RETHINKING HEAT DISSIPATION METRICS

A common objection to thermally conductive plastics is their lower conductivity compared with aluminium, which typically offers around 100W/m·K. However, Hargreaves argued that thermal conductivity alone is not the dominant factor in many real-world applications.

“For the majority of natural convection applications, conductivity is not what determines how quickly heat is dissipated,” he says. “Once heat reaches the surface, convection is the critical mechanism.”

Extensive testing, particularly in the lighting sector, has shown that plastics with thermal conductivity around 10W/m·K can perform comparably to aluminium heat sinks under natural convection conditions. Surface emissivity can also play a role, with matte, dark polymer surfaces sometimes offering better radiative heat transfer than shiny metal finishes.

There are, of course, limits. Forced convection, very high heat fluxes or applications competing with low-cost extruded aluminium profiles remain areas where metals retain a clear advantage.

SUSTAINABILITY AND LIFECYCLE PERFORMANCE

Environmental performance is becoming an equally important selection criterion. “Sustainability is very, very important to us as a company,” said Hargreaves. “That’s why we’re increasingly offering materials with bio-based or recycled content that deliver exactly the same mechanical, thermal and fire performance as virgin grades.”

On a raw material basis, primary aluminium carries a global warming potential (GWP) of roughly 10kg CO2 per kilogram, while thermally conductive plastics can be significantly lower. Even when recycled aluminium is considered, a like-for-like comparison by mass is misleading due to density differences.

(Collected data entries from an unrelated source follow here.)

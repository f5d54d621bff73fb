-- ===== src/Tty.antt =====
-- The tiny serial driver, tty/tiny_tty.c. `tiny_table` is a list of four entries; a port's timer is
-- a block of its own. The kernel's flags are read as Booleans, one for each flag the code tests.
pub mod Proc
pub mod Ports
pub mod Lines
pub mod Waiting
mod Tests
use linux_device_driver.Common.{
  ℕ, zero, suc, ◌+◌, ◌-◌, ◌*◌, ◌/◌, ◌%◌, ◌^◌, Bool, true, false, Option, none, some, List, [], ◌∷◌,
  ◌++◌, not, ◌&&◌, ◌||◌, if◌then◌else◌, ltb, leb, ◌==◌, length, get_elem?, set,
}
use linux_device_driver.Kernel.{
  Errno, enomem, enodev, einval, efault, eio, erestartsys, enoioctlcmd, Ret, ok, err, Outcome, done,
  oops, ◌>>=◌, Kernel, Mem, kmalloc, kfree, deref,
}

-- `struct async_icount`.
pub record Icount : Type 0 where
  pub cts : ℕ
  pub dsr : ℕ
  pub rng : ℕ
  pub dcd : ℕ
  pub rx : ℕ
  pub tx : ℕ
  pub frame : ℕ
  pub overrun : ℕ
  pub parity : ℕ
  pub brk : ℕ
  pub buf_overrun : ℕ

-- The fields of `struct serial_struct` that the driver copies.
pub record Serial : Type 0 where
  pub ty : ℕ
  pub line : ℕ
  pub port : ℕ
  pub irq : ℕ
  pub xmit_fifo_size : ℕ
  pub baud_base : ℕ
  pub custom_divisor : ℕ
  pub hub6 : ℕ
  pub io_type : ℕ

-- `struct tiny_serial`: `timer` says whether the pointer is set, `pending` whether that timer runs.
pub record Tiny : Type 0 where
  pub open_count : ℕ
  pub timer : Bool
  pub pending : Bool
  pub msr : ℕ
  pub mcr : ℕ
  pub serial : Serial
  pub icount : Icount

-- The part of `tiny_open` under the semaphore.
unfoldable pub open_port : Kernel → Tiny → Mem → Ret × Tiny × Mem
open_port k t m =
    let t' = record t { open_count = (t.open_count + 1) % 2 ^ 32 } in
    if not (t'.open_count == 1)
    then (ok 0, t', m)
    else if t'.timer
    then (ok 0, record t' { pending = true }, m)
    else let (granted, m') = kmalloc k m in
      if granted
      then (ok 0, record t' { timer = true; pending = true }, m')
      else (err enomem, t', m')

-- `tiny_open`; `junk` is what the new block holds before the three fields are set. The second
-- component says whether `driver_data` of the terminal is set.
unfoldable pub tiny_open :
    Kernel → Tiny → ℕ → List (Option Tiny) → Mem → Outcome (Ret × Bool × List (Option Tiny) × Mem)
tiny_open k junk index table m = elim (get_elem? table index) [
  | none ↦ oops
  | some (some t) ↦
      let (r, t', m') = open_port k t m in done (r, true, set table index (some t'), m')
  | some none ↦
      let (granted, m') = kmalloc k m in
      let (r, t', m'') =
        open_port k (record junk { open_count = 0; timer = false; pending = false }) m' in
      if granted
      then done (r, true, set table index (some t'), m'')
      else done (err enomem, false, table, m')
]

-- `del_timer` of a null pointer is undefined.
unfoldable pub del_timer : Tiny → Outcome Tiny
del_timer t = if t.timer then done (record t { pending = false }) else oops

-- `do_close`; an `int` is not positive when its 32 bits are 0 or have the sign.
unfoldable pub do_close : Tiny → Outcome Tiny
do_close t =
    if t.open_count == 0
    then done t
    else let t' = record t { open_count = (t.open_count + (2 ^ 32 - 1)) % 2 ^ 32 } in
      if (t'.open_count == 0) || leb (2 ^ 31) t'.open_count then del_timer t' else done t'

-- `tiny_timer`: it pushes the flip buffer when it is full, inserts one character, pushes, and runs
-- again.
pub data Flip : Type 0 where
  push : Flip
  insert : ℕ → Flip

unfoldable pub tick : Bool → Tiny → List Flip × Tiny
tick full t =
    ((if full then push ∷ [] else []) ++ insert b't' ∷ push ∷ [], record t { pending = true })

-- `tiny_write` and `tiny_write_room`; `driver_data` may be null.
unfoldable pub tiny_write : Option Tiny → List ℕ → Ret × List ℕ
tiny_write none buffer = (err enodev, [])
tiny_write (some t) buffer = if t.open_count == 0 then (err einval, []) else (err einval, buffer)

unfoldable pub write_room : Option Tiny → Ret
write_room none = err enodev
write_room (some t) = if t.open_count == 0 then err einval else ok 225

-- The test and the change of one bit of a register; `mask` is a power of two.
abbrev pub bit : ℕ → ℕ → Bool
bit mask w = not ((w / mask) % 2 == 0)

abbrev pub set_bit : ℕ → ℕ → ℕ
set_bit mask w = if bit mask w then w else w + mask

abbrev pub clear_bit : ℕ → ℕ → ℕ
clear_bit mask w = if bit mask w then w - mask else w

-- The modem lines that `tiny_tiocmget` reports, and those that `tiny_tiocmset` looks at.
pub record Modem : Type 0 where
  pub dtr : Bool
  pub rts : Bool
  pub loopback : Bool
  pub cts : Bool
  pub car : Bool
  pub ri : Bool
  pub dsr : Bool

unfoldable pub tiocmget : Tiny → Modem
tiocmget t = record {
  dtr = bit 1 t.mcr;
  rts = bit 2 t.mcr;
  loopback = bit 4 t.mcr;
  cts = bit 8 t.msr;
  car = bit 16 t.msr;
  ri = bit 32 t.msr;
  dsr = bit 64 t.msr;
}

unfoldable pub tiocmset : (set_lines clear : Modem) → Tiny → Ret × Tiny
tiocmset set_lines clear t =
    let a = if set_lines.rts then set_bit 2 t.mcr else t.mcr in
    let b = if set_lines.dtr then set_bit 2 a else a in
    let c = if clear.rts then clear_bit 2 b else b in
    let d = if clear.dtr then clear_bit 2 c else c in (ok 0, record t { mcr = d })

-- Which counters a caller of TIOCMIWAIT waits for.
pub record Wanted : Type 0 where
  pub rng : Bool
  pub dsr : Bool
  pub cd : Bool
  pub cts : Bool

-- A wake-up: whether a signal is pending, and the counters then.
pub record Wake : Type 0 where
  pub signal : Bool
  pub now : Icount

unfoldable pub unchanged : Icount → Icount → Bool
unchanged now prev =
    (now.rng == prev.rng) && (now.dsr == prev.dsr) && (now.dcd == prev.dcd) && (now.cts == prev.cts)

unfoldable pub wanted_change : Wanted → Icount → Icount → Bool
wanted_change w now prev =
    (w.rng && not (now.rng == prev.rng))
    || (w.dsr && not (now.dsr == prev.dsr))
    || (w.cd && not (now.dcd == prev.dcd))
    || (w.cts && not (now.cts == prev.cts))

-- `tiny_ioctl_tiocmiwait`: absent while the caller still sleeps.
unfoldable pub miwait : Wanted → List Wake → Icount → Option Ret
miwait w [] prev = none
miwait w (k ∷ ks) prev =
    let rest = miwait w ks k.now in
    if k.signal
    then some (err erestartsys)
    else if unchanged k.now prev
    then some (err eio)
    else if wanted_change w k.now prev
    then some (ok 0)
    else rest

pub data Cmd : Type 0 where
  tiocgserial tiocgicount other_cmd : Cmd
  tiocmiwait : Wanted → List Wake → Cmd

pub data Copied : Type 0 where
  nothing : Copied
  serial_copy : Serial → Copied
  icount_copy : Icount → Copied

-- `tiny_ioctl`; `left` is what `copy_to_user` leaves uncopied, and `arg_null` whether the pointer
-- is null.
unfoldable pub tiny_ioctl : Cmd → Bool → ℕ → Tiny → Option Ret × Copied
tiny_ioctl tiocgserial arg_null left t =
    if arg_null
    then (some (err efault), nothing)
    else if left == 0
    then (some (ok 0), serial_copy t.serial)
    else (some (err efault), nothing)
tiny_ioctl tiocgicount arg_null left t =
    if left == 0 then (some (ok 0), icount_copy t.icount) else (some (err efault), nothing)
tiny_ioctl (tiocmiwait w ks) arg_null left t = (miwait w ks t.icount, nothing)
tiny_ioctl other_cmd arg_null left t = (some (err enoioctlcmd), nothing)

-- `while (tiny->open_count) do_close(tiny)`, which its count bounds.
unfoldable pub close_all : ℕ → Tiny → Outcome Tiny
close_all zero t = done t
close_all (suc n) t = do t' ← do_close t; close_all n t'

-- The loop of `tiny_exit` over the table; `kfree` of the timer, then of the port.
unfoldable pub tiny_exit : List (Option Tiny) → Mem → Outcome (List (Option Tiny) × Mem)
tiny_exit [] m = done ([], m)
tiny_exit (none ∷ ts) m = do rest ← tiny_exit ts m; done (none ∷ rest.0, rest.1)
tiny_exit (some t ∷ ts) m = do
  closed ← close_all t.open_count t
  stopped ← del_timer closed
  rest ← tiny_exit ts (kfree (kfree m))
  done (none ∷ rest.0, rest.1)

“A more realistic comparison is GWP per part, not per kilo,” Hargreaves explains. “When you do that, thermally conductive plastics can show a clear advantage.”

The benefits are amplified further by the use of chemically recycled polymers. Lati has demonstrated that switching from virgin nylon 6 to chemically recycled nylon 6 with identical filler content can roughly halve the GWP of the compound, even before accounting for processing, transport or end-of-life considerations.

ASSESSING THE APPLICATIONS

Typical applications include LED luminaires, electrical enclosures, power distribution components, motors and automotive electronics, particularly in electric vehicles where electrical insulation and weight reduction are critical. As devices become more compact and power densities increase, demand for materials that combine thermal performance, design freedom and sustainability is set to grow.

“Thermally conductive plastics are not a universal replacement for aluminium,” Hargreaves concluded. “But in the right applications, with the right design approach, they can be cost-competitive, environmentally advantageous and technically robust.”